Despite the success of the film, Cregger isn’t all that interested in further exploring his story, especially with a prequel, but his reasons are more than understandable.
“I think it would have to tell the story of Frank [Richard Brake], and I’m personally not interested in making a movie about a man who abducts women,” Cregger says. “I don’t want to watch that guy for an hour and a half.”
In a recent conversation with THR, Cregger also explains why he considers his antagonist, “The Mother,” to be the film’s most sympathetic character.
So were you the victim of a double-booked Airbnb? Is that what sparked this idea?
I wasn’t victim to a double-booked Airbnb. I was a host, and I would use Vrbo and Airbnb. So I was always worried that I would double book someone else, which would be terrible. But I went to a wedding one time, and I booked an Airbnb. And when I got there really late at night, it was a really bad neighborhood, and the lockbox code didn’t work. So it was really scary, and I was out there on the street for half an hour. It was just sketchy as hell. I remember a cop drove by, and I flagged him down. I was like, “I’m going to break into this building. I just want you to know I’m supposed to be in there so you don’t arrest me.” And he was like, “Don’t break into the building.” (Laughs.) So I ended up having to go find another place to stay. That actually wasn’t the inspiration for this movie, unless it subconsciously played into it, but I’ve had some friction with Airbnb. I don’t have a bone to pick with them or anything. I still use them and like them.
I love how you used our history with Bill Skarsgard’s work to ultimately throw us a curveball. His character really did mean well in the end. Did you write Keith knowing you absolutely had to cast someone with a body of work that would make us suspicious right off the bat?
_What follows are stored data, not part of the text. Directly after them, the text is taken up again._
-- ===== src/Oracle.antt =====
-- crates/interface/src/oracle.rs and oracle/configs.rs: the oracle configuration that vaults and
-- assets store, a region of 192 bytes read at the offset of the kind that is active.
use roshi.Common.{
  ℕ, zero, suc, Bool, true, not, ◌&&◌, ◌||◌, [], ◌∷◌, ◌++◌, Option, none, some, ltb, leb, ◌==◌,
  if◌then◌else◌,
}
use roshi.Common.Result.{Result, ok, ◌>>=◌, fail_if, ok_or, map_ok}
use roshi.Common.Bytes.{Bytes, Key, take, drop, replicate, to_le_bytes, from_le_bytes}

pub data OracleKind : Type 0 where
  switchboard : OracleKind
  pyth : OracleKind
  scope : OracleKind

pub data InvalidOracleConfig : Type 0 where
  invalid_oracle_config : InvalidOracleConfig

abbrev pub as_u8 : OracleKind → ℕ
as_u8 OracleKind.switchboard = 0
as_u8 OracleKind.pyth = 1
as_u8 OracleKind.scope = 2

abbrev pub from_u8 : ℕ → Option OracleKind
from_u8 kind =
    if kind == 0
    then some OracleKind.switchboard
    else if kind == 1
    then some OracleKind.pyth
    else if kind == 2
    then some OracleKind.scope
    else none

pub record SwitchboardOracleConfig : Type 0 where
  pub quote_account : Key
  pub queue_account : Key
  pub feed_id : Key
  pub max_age_slots : ℕ
  pub price_decimals : ℕ
  pub padding : Bytes

pub record PythOracleConfig : Type 0 where
  pub feed_id : Key
  pub price_update_account : Key
  pub max_age_seconds : ℕ
  pub max_confidence_bps : ℕ
  pub price_decimals : ℕ
  pub padding : Bytes

pub record ScopeOracleMapping : Type 0 where
  pub price_info_account : Key
  pub twap_source_or_ref_price_tolerance_bps : ℕ
  pub ref_price : ℕ
  pub generic : Bytes
  pub price_type : ℕ
  pub twap_enabled_bitmask : ℕ
  pub padding : Bytes

pub record ScopeOracleConfig : Type 0 where
  pub prices_account : Key
  pub mapping : ScopeOracleMapping
  pub max_age_seconds : ℕ
  pub price_index : ℕ
  pub padding : Bytes

abbrev pub max_entries : ℕ
max_entries = 512

abbrev pub max_price_type : ℕ
max_price_type = 0x7f

-- The loop runs to the end of the bytes, or to the first that is not 0.
unfoldable pub bytes_are_zero : Bytes → Bool
bytes_are_zero [] = true
bytes_are_zero (b ∷ bs) = (b == 0) && bytes_are_zero bs

unfoldable pub mapping_has_canonical_padding : ScopeOracleMapping → Bool
mapping_has_canonical_padding m = bytes_are_zero m.padding

unfoldable pub scope_has_canonical_padding : ScopeOracleConfig → Bool
scope_has_canonical_padding c = bytes_are_zero c.padding && mapping_has_canonical_padding c.mapping

-- `pinned_price_update_account`: all zeros pin nothing.
unfoldable pub pinned_price_update_account : PythOracleConfig → Option Key
pinned_price_update_account c =
    if bytes_are_zero c.price_update_account then none else some c.price_update_account

abbrev pub legs_size : ℕ
legs_size = 192

abbrev pub switchboard_leg_offset : ℕ
switchboard_leg_offset = 0

abbrev pub pyth_leg_offset : ℕ
pyth_leg_offset = 112

abbrev pub scope_leg_offset : ℕ
scope_leg_offset = 0

-- One store of the loop of `write_leg`; the offsets and sizes of the source stay in the region.
unfoldable pub store_byte : Bytes → ℕ → ℕ → Bytes
store_byte [] index b = []
store_byte (x ∷ xs) zero b = b ∷ xs
store_byte (x ∷ xs) (suc index) b = x ∷ store_byte xs index b

unfoldable pub load_byte : Bytes → ℕ → ℕ
load_byte [] index = 0
load_byte (x ∷ xs) zero = x
load_byte (x ∷ xs) (suc index) = load_byte xs index

unfoldable pub write_leg : Bytes → ℕ → Bytes → Bytes
write_leg legs offset [] = legs
write_leg legs offset (b ∷ bytes) = write_leg (store_byte legs offset b) (suc offset) bytes

unfoldable pub read_leg : ℕ → Bytes → ℕ → Bytes
read_leg zero legs offset = []
read_leg (suc n) legs offset = load_byte legs offset ∷ read_leg n legs (suc offset)

-- The field of `len` bytes at `offset` of a `repr(C)` struct.
abbrev pub field_at : Bytes → ℕ → ℕ → Bytes
field_at bytes offset len = take len (drop offset bytes)

abbrev pub number_at : Bytes → ℕ → ℕ → ℕ
number_at bytes offset len = from_le_bytes (field_at bytes offset len)

unfoldable pub switchboard_to_leg_bytes : SwitchboardOracleConfig → Bytes
switchboard_to_leg_bytes c =
    c.quote_account
    ++ (c.queue_account
        ++ (c.feed_id
            ++ (to_le_bytes 8 c.max_age_slots ++ (to_le_bytes 1 c.price_decimals ++ c.padding))))

unfoldable pub switchboard_from_leg_bytes : Bytes → SwitchboardOracleConfig
switchboard_from_leg_bytes bytes = record {
  quote_account = field_at bytes 0 32;
  queue_account = field_at bytes 32 32;
  feed_id = field_at bytes 64 32;
  max_age_slots = number_at bytes 96 8;
  price_decimals = number_at bytes 104 1;
  padding = field_at bytes 105 7;
}

unfoldable pub pyth_to_leg_bytes : PythOracleConfig → Bytes
pyth_to_leg_bytes c =
    c.feed_id
    ++ (c.price_update_account
        ++ (to_le_bytes 8 c.max_age_seconds
            ++ (to_le_bytes 2 c.max_confidence_bps
                ++ (to_le_bytes 1 c.price_decimals ++ c.padding))))

unfoldable pub pyth_from_leg_bytes : Bytes → PythOracleConfig
pyth_from_leg_bytes bytes = record {
  feed_id = field_at bytes 0 32;
  price_update_account = field_at bytes 32 32;
  max_age_seconds = number_at bytes 64 8;
  max_confidence_bps = number_at bytes 72 2;
  price_decimals = number_at bytes 74 1;
  padding = field_at bytes 75 5;
}

-- `repr(C)`: the two-byte fields follow the key, then 20 bytes, two single bytes and the padding.
unfoldable pub mapping_to_bytes : ScopeOracleMapping → Bytes
mapping_to_bytes m =
    m.price_info_account
    ++ (to_le_bytes 2 m.twap_source_or_ref_price_tolerance_bps
        ++ (to_le_bytes 2 m.ref_price
            ++ (m.generic
                ++ (to_le_bytes 1 m.price_type
                    ++ (to_le_bytes 1 m.twap_enabled_bitmask ++ m.padding)))))

unfoldable pub mapping_from_bytes : Bytes → ScopeOracleMapping
mapping_from_bytes bytes = record {
  price_info_account = field_at bytes 0 32;
  twap_source_or_ref_price_tolerance_bps = number_at bytes 32 2;
  ref_price = number_at bytes 34 2;
  generic = field_at bytes 36 20;
  price_type = number_at bytes 56 1;
  twap_enabled_bitmask = number_at bytes 57 1;
  padding = field_at bytes 58 6;
}

unfoldable pub scope_to_leg_bytes : ScopeOracleConfig → Bytes
scope_to_leg_bytes c =
    c.prices_account
    ++ (mapping_to_bytes c.mapping
        ++ (to_le_bytes 8 c.max_age_seconds ++ (to_le_bytes 2 c.price_index ++ c.padding)))

unfoldable pub scope_from_leg_bytes : Bytes → ScopeOracleConfig
scope_from_leg_bytes bytes = record {
  prices_account = field_at bytes 0 32;
  mapping = mapping_from_bytes (field_at bytes 32 64);
  max_age_seconds = number_at bytes 96 8;
  price_index = number_at bytes 104 2;
  padding = field_at bytes 106 6;
}

pub record OracleConfig : Type 0 where
  pub legs : Bytes
  pub kind : ℕ
  pub padding : Bytes

pub data ActiveOracleConfig : Type 0 where
  active_switchboard : SwitchboardOracleConfig → ActiveOracleConfig
  active_pyth : PythOracleConfig → ActiveOracleConfig
  active_scope : ScopeOracleConfig → ActiveOracleConfig

unfoldable pub config_kind : OracleConfig → Result InvalidOracleConfig OracleKind
config_kind c = ok_or (from_u8 c.kind) invalid_oracle_config

unfoldable pub switchboard_config : OracleConfig → SwitchboardOracleConfig
switchboard_config c = switchboard_from_leg_bytes (read_leg 112 c.legs switchboard_leg_offset)

unfoldable pub pyth_config : OracleConfig → PythOracleConfig
pyth_config c = pyth_from_leg_bytes (read_leg 80 c.legs pyth_leg_offset)

unfoldable pub scope_config : OracleConfig → ScopeOracleConfig
scope_config c = scope_from_leg_bytes (read_leg 112 c.legs scope_leg_offset)

unfoldable pub active_of_kind : OracleKind → OracleConfig → ActiveOracleConfig
active_of_kind OracleKind.switchboard c = active_switchboard (switchboard_config c)
active_of_kind OracleKind.pyth c = active_pyth (pyth_config c)
active_of_kind OracleKind.scope c = active_scope (scope_config c)

unfoldable pub active : OracleConfig → Result InvalidOracleConfig ActiveOracleConfig
active c = map_ok (λ k. active_of_kind k c) (config_kind c)

-- The loop from the end of a Scope leg to the end of the region.
unfoldable pub scope_tail_is_zero : OracleConfig → Bool
scope_tail_is_zero c = bytes_are_zero (drop 112 c.legs)

unfoldable pub validate_active :
    OracleConfig → ActiveOracleConfig → Result InvalidOracleConfig (Unit {0})
validate_active c (active_pyth p) = fail_if (p.max_confidence_bps == 0) invalid_oracle_config
validate_active c (active_switchboard s) = ok tt
validate_active c (active_scope s) =
    fail_if
      (leb max_entries s.price_index
        || ltb max_price_type s.mapping.price_type
        || not (scope_has_canonical_padding s)
        || not (scope_tail_is_zero c))
      invalid_oracle_config

unfoldable pub validate : OracleConfig → Result InvalidOracleConfig (Unit {0})
validate c = active c >>= validate_active c

abbrev blank_legs : Bytes
blank_legs = replicate legs_size 0

abbrev blank_padding : Bytes
blank_padding = replicate 7 0

unfoldable pub switchboard_oracle : SwitchboardOracleConfig → OracleConfig
switchboard_oracle c = record {
  legs = write_leg blank_legs switchboard_leg_offset (switchboard_to_leg_bytes c);
  kind = as_u8 OracleKind.switchboard;
  padding = blank_padding;
}

unfoldable pub pyth_oracle : PythOracleConfig → OracleConfig
pyth_oracle c = record {
  legs = write_leg blank_legs pyth_leg_offset (pyth_to_leg_bytes c);
  kind = as_u8 OracleKind.pyth;
  padding = blank_padding;
}

unfoldable pub scope_oracle : ScopeOracleConfig → OracleConfig
scope_oracle c = record {
  legs = write_leg blank_legs scope_leg_offset (scope_to_leg_bytes c);
  kind = as_u8 OracleKind.scope;
  padding = blank_padding;
}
No, I didn’t write any actors into this. I didn’t dare think about it. I didn’t write this to be a movie, honestly. I just wanted to write a scene. So that double-booked Airbnb thing was just an exercise for me to play and have fun writing, in a way that a little kid colors with crayons. When I was writing the movie, Keith was a bad guy. I thought that’s where it was headed. And when Tess [Georgina Campbell] went downstairs with him, I was like, “Okay, whatever he is going to do, we should probably do it now.” But then I just had this moment where I was like, “This sucks. Everyone is going to expect him to do something, but I can’t think of anything that would fulfill what our imagination is.” I was out of gas. I was like, “I’m dead,” and I just stared at the screen.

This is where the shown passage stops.